Few years ago, engineers at Harvard University cracked the DNA storage by storing 700 terabytes of data in a single gram of DNA. Its equivalence in Blu-ray discs will be 14,000 50-gigabyte discs or 233 3TB hard drive devices. Such data can all be stored in a droplet of DNA that would fit on your fingertip.

To store in DNA, scientists synthesize strands of DNA in such a way that each of the bases (TGAC) represent binary value. To read the data stored, scientists simply sequence it the way they sequence the human genome. Scientists are excited about storage in DNA because of its dense and volumetric properties. But the most fascinating property is that “it can survive for hundreds of thousands of years in a box in your garage.”

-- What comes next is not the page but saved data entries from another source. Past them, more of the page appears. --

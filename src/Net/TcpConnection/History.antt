-- ===== src/Net/TcpConnection/History.antt =====
-- Histories of a connection of winterfell/net/wf_tcp_connection.cc: any sequence of calls by the user,
-- in any thread, and of events by the loop, with any answers of the socket.
use winterfell.Prelude.{
  ℕ, ◌≤◌, ◌≡◌, refl, sym, ap, subst, ◌∙◌, Bool, not, ◌&&◌, ◌||◌, inl, inr, Bool-cases, List, [],
  ◌∷◌, ◌++◌, length, Bytes, Run, done, ◌==◌, if◌then◌else◌, arith, append_assoc, append-nil,
}
use winterfell.Buffer.{empty, peek, readable_bytes, ReadResult, failed, received}
use winterfell.Buffer.Content.{empty-IsValid}
use winterfell.Net.Channel.{is_writing}
use winterfell.Net.TcpConnection.{
  Connection, connected, disconnecting, disconnected, Effect, WriteResult, wrote, write_failed,
  fresh_connection, is_connected, is_disconnecting, enable_read_in_loop, shutdown_in_loop,
  send_in_loop, mark_disconnecting, send, shutdown, handle_write, handle_close, handle_read,
  connect_established, connect_destroyed,
}
use winterfell.Net.TcpConnection.Output.{
  IsSound, sent_bytes, Accounts, returns, aborts, send_in_loop-Accounts, handle_write-Accounts,
  enable_reading-IsSound, disable_all-IsSound, state-IsSound,
}

pub data Event : Type 0 where
  sends : WriteResult → Bytes → Event
  shuts establishes enables destroys : Event
  writable : WriteResult → Event
  readable : ReadResult → Event
  hangs_up : Event
  -- a shutdown in another thread marks the state; the loop runs what other threads queued
  marks queued_shut : Event
  queued_send : WriteResult → Bytes → Event

unfoldable pub step : Event → Connection → Run (List Effect × Connection)
step (sends w message) c = done (send w message c)
step shuts c = done (shutdown c)
step establishes c = done (connect_established c)
step enables c = done (enable_read_in_loop c)
step destroys c = connect_destroyed c
step (writable w) c = handle_write w c
step (readable r) c = handle_read r c
step hangs_up c = handle_close c
step marks c = done ([], mark_disconnecting c)
step queued_shut c = done (shutdown_in_loop c, c)
step (queued_send w message) c = done (send_in_loop w message c)

-- The socket takes no more than it is offered.
abbrev pub IsPossible : Event → Connection → Type 0
IsPossible (sends (wrote n) message) c = n ≤ length message
IsPossible (queued_send (wrote n) message) c = n ≤ length message
IsPossible (writable (wrote n)) c = n ≤ readable_bytes c.output
IsPossible _ c = Unit

-- The bytes that the connection takes over from its user: a message is taken whole if it is sent
-- while connected, or the loop comes to it if another thread sent it, with nothing kept, and the socket does not
-- refuse it; otherwise it is dropped.
abbrev pub accepted : Event → Connection → Bytes
accepted (sends (wrote n) message) c =
    if is_connected c.state && (not (is_writing c.channel) && (readable_bytes c.output == 0))
    then message
    else []
accepted (queued_send (wrote n) message) c =
    if not (is_writing c.channel) && (readable_bytes c.output == 0) then message else []
accepted _ c = []

send-Accounts :
    (w : WriteResult) (message : Bytes) (c : Connection) (s : IsSound c)
    → IsPossible (sends w message) c
    → Accounts (peek c.output ++ accepted (sends w message) c) (done (send w message c))
unfolding send
send-Accounts (wrote n) message c s h = elim (Bool-cases (is_connected c.state)) [
  | inl e ↦ rw e (send_in_loop-Accounts c s (wrote n) message (λ m p. ground arith))
  | inr e ↦ rw e (returns s (sym (append-nil (peek c.output))))
]
send-Accounts (write_failed f) message c s h = elim (Bool-cases (is_connected c.state)) [
  | inl e ↦ rw e (send_in_loop-Accounts c s (write_failed f) message (λ m p. cc))
  | inr e ↦ rw e (returns s (sym (append-nil (peek c.output))))
]

module _ (c : Connection) (s : IsSound c) where
  kept_all : peek c.output ≡ peek c.output ++ []
  kept_all = sym (append-nil (peek c.output))

  shut_sends : sent_bytes (shutdown_in_loop c) ≡ []
  unfolding shutdown_in_loop
  shut_sends = ground arith

  shutdown-Accounts : Accounts (peek c.output ++ []) (done (shutdown c))
  unfolding shutdown
  shutdown-Accounts = elim (Bool-cases (is_connected c.state)) [
    | inl e ↦ rw e (returns (state-IsSound c s disconnecting) (rw shut_sends kept_all))
    | inr e ↦ rw e (returns s kept_all)
  ]

  mark-Accounts : Accounts (peek c.output ++ []) (done ([], mark_disconnecting c))
  unfolding mark_disconnecting
  mark-Accounts = elim (Bool-cases (is_connected c.state)) [
    | inl e ↦ rw e (returns (state-IsSound c s disconnecting) kept_all)
    | inr e ↦ rw e (returns s kept_all)
  ]

  queued_shut-Accounts : Accounts (peek c.output ++ []) (done (shutdown_in_loop c, c))
  queued_shut-Accounts = returns s (rw shut_sends kept_all)

  close-Accounts : Accounts (peek c.output ++ []) (handle_close c)
  unfolding handle_close
  close-Accounts = elim (Bool-cases (is_connected c.state || is_disconnecting c.state)) [
    | inl e ↦ rw e (returns (disable_all-IsSound c s c.state) kept_all)
    | inr e ↦ rw e aborts
  ]

  destroy-Accounts : Accounts (peek c.output ++ []) (connect_destroyed c)
  unfolding connect_destroyed
  destroy-Accounts = elim (Bool-cases (is_connected c.state || is_disconnecting c.state)) [
    | inl e ↦ rw e (returns (disable_all-IsSound c s disconnected) kept_all)
    | inr e ↦ rw e aborts
  ]

  establish-Accounts : Accounts (peek c.output ++ []) (done (connect_established c))
  unfolding connect_established
  establish-Accounts = returns (enable_reading-IsSound c s connected) kept_all

  enable-Accounts : Accounts (peek c.output ++ []) (done (enable_read_in_loop c))
  unfolding enable_read_in_loop
  enable-Accounts = returns (enable_reading-IsSound c s c.state) kept_all

  read-Accounts : (r : ReadResult) → Accounts (peek c.output ++ []) (handle_read r c)
  unfolding handle_read
  read-Accounts (failed e) = returns s kept_all
  read-Accounts (received []) = close-Accounts
  read-Accounts (received (x ∷ xs)) =
      returns
        (record { output_valid = s.output_valid; mask_valid = s.mask_valid; polled = s.polled })
        kept_all

write-Accounts :
    (w : WriteResult) (c : Connection) (s : IsSound c)
    → IsPossible (writable w) c
    → Accounts (peek c.output ++ []) (handle_write w c)
write-Accounts (wrote n) c s h =
    rw append-nil (handle_write-Accounts c s (wrote n) (λ m p. ground arith))
write-Accounts (write_failed e) c s h =
    rw append-nil (handle_write-Accounts c s (write_failed e) (λ m p. cc))

step-Accounts :
    (e : Event) (c : Connection)
    → IsSound c
    → IsPossible e c
    → Accounts (peek c.output ++ accepted e c) (step e c)
unfolding step
step-Accounts (sends w message) c s h = send-Accounts w message c s h
step-Accounts shuts c s h = shutdown-Accounts c s
step-Accounts establishes c s h = establish-Accounts c s
step-Accounts enables c s h = enable-Accounts c s
step-Accounts destroys c s h = destroy-Accounts c s
step-Accounts (writable w) c s h = write-Accounts w c s h
step-Accounts (readable r) c s h = read-Accounts c s r
step-Accounts hangs_up c s h = close-Accounts c s
step-Accounts marks c s h = mark-Accounts c s
step-Accounts queued_shut c s h = queued_shut-Accounts c s
step-Accounts (queued_send (wrote n) message) c s h =
    send_in_loop-Accounts c s (wrote n) message (λ m p. ground arith)
step-Accounts (queued_send (write_failed f) message) c s h =
    send_in_loop-Accounts c s (write_failed f) message (λ m p. cc)

-- A history: the bytes accepted on the way, the bytes that the socket took, and the end.
pub data History : Connection → Bytes → Bytes → Connection → Type 0 where
  start : {c : Connection} → History c [] [] c
  next :
      {c d e : Connection} {taken out : Bytes} {fx : List Effect} (event : Event)
      → History c taken out d
      → IsPossible event d
      → step event d ≡ done (fx, e)
      → History c (taken ++ accepted event d) (out ++ sent_bytes fx) e

fresh-IsSound : (fd : ℕ) (notifies : Bool) → IsSound (fresh_connection fd notifies)
unfolding fresh_connection empty is_writing
fresh-IsSound fd notifies = record {
  output_valid = empty-IsValid;
  mask_valid = omega arith;
  polled = refl;
}

abbrev pub Kept : Bytes → Run (List Effect × Connection) → Type 0
Kept total (done (fx, c)) = IsSound c × (sent_bytes fx ++ peek c.output ≡ total)
Kept total _ = Unit

pub Accounts-Kept :
    {total : Bytes} {m : Run (List Effect × Connection)} → Accounts total m → Kept total m
Accounts-Kept (returns s e) = (s, e)
Accounts-Kept aborts = tt

-- Over any history of a sound connection, with calls in any thread and any answers of the socket, the
-- bytes that the socket took followed by those still kept are those kept at the start followed by the
-- messages accepted, in order, none changed and none twice; and the connection stays sound: it polls
-- for writing exactly while it keeps bytes. A message that the loop comes to while others are kept, or
-- that the socket refuses, is not among the accepted ones.
pub History-accounted :
    {c d : Connection} {taken out : Bytes}
    → IsSound c
    → History c taken out d
    → IsSound d × (out ++ peek d.output ≡ peek c.output ++ taken)
History-accounted {c = c} s start = (s, sym (append-nil (peek c.output)))
History-accounted {c = c} s
      (next {d = d} {e = e} {taken = taken} {out = out} {fx = fx} event h fits run) =
    let (sound, total) = History-accounted s h in
    let (sound', more) =
      subst (Kept (peek d.output ++ accepted event d)) run
        (Accounts-Kept (step-Accounts event d sound fits)) in
    (
      sound',
      append_assoc out (sent_bytes fx) (peek e.output)
          ∙ ap (◌++◌ out) more
          ∙ sym (append_assoc out (peek d.output) (accepted event d))
          ∙ ap (λ k. k ++ accepted event d) total
          ∙ append_assoc (peek c.output) taken (accepted event d),
    )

Brewster Kahle hopes that the new technology promising to store information inside DNA would make it possible to store every picture, video, book, music, software, game ever made and every word ever posted on the internet rather than in servers stored in an old Christian Science church building in San Francisco.

Meanwhile, on the same day that I listened to Brewster Kahle on NPR, I read of a Harvard professor named Dr. George Church. This molecular biologist is working on bringing back to life the woolly mammoth that was extinct some 4,000 years ago – 2000 years before Christ.

The professor is using the new gene-editing technique called CRISPR-Cas9. Using DNA retrieved from frozen remains of woolly mammoth, Dr. Church will splice it into the DNA of an Asian elephant genome, deleting and replacing genes until he gets the already sequenced woolly mammoth’s entire genome. He estimates that in 7 years, mammoths will once again walk on the surface of the earth. And using the same technique, other scientists plan to de-extinct animals that had long been extinct.

I’m sure that Dr. Church would be amazed that the people in the padlock and turtle story are not extinct.

At the risk of being extinct, in the last 16 years, but more especially, in the last 5 years, I’ve been berated for criticizing those living large. I’ve been warned that if I didn’t find joy in the success of the nouveau riche that I would not know success. “Celebrate with those whom God has blessed,” they said, “so that God will bless you too.”

I did not know that why God hasn’t blessed me yet was because I was worshipping the wrong God. I was worshipping the God who demands accountability and justice and equity instead of the God on whose door it was boldly written: National Security Adviser.

With Empirical Proof Foundation (EPF) we will begin to ask who, why, when, what, where and how- basic questions that clarify all blessings and invalidate abstruse miracles of padlocks and turtles, arms deals and jeeps, and rising suns on and off the Niger.

Merry Christmas and a Happy New Year.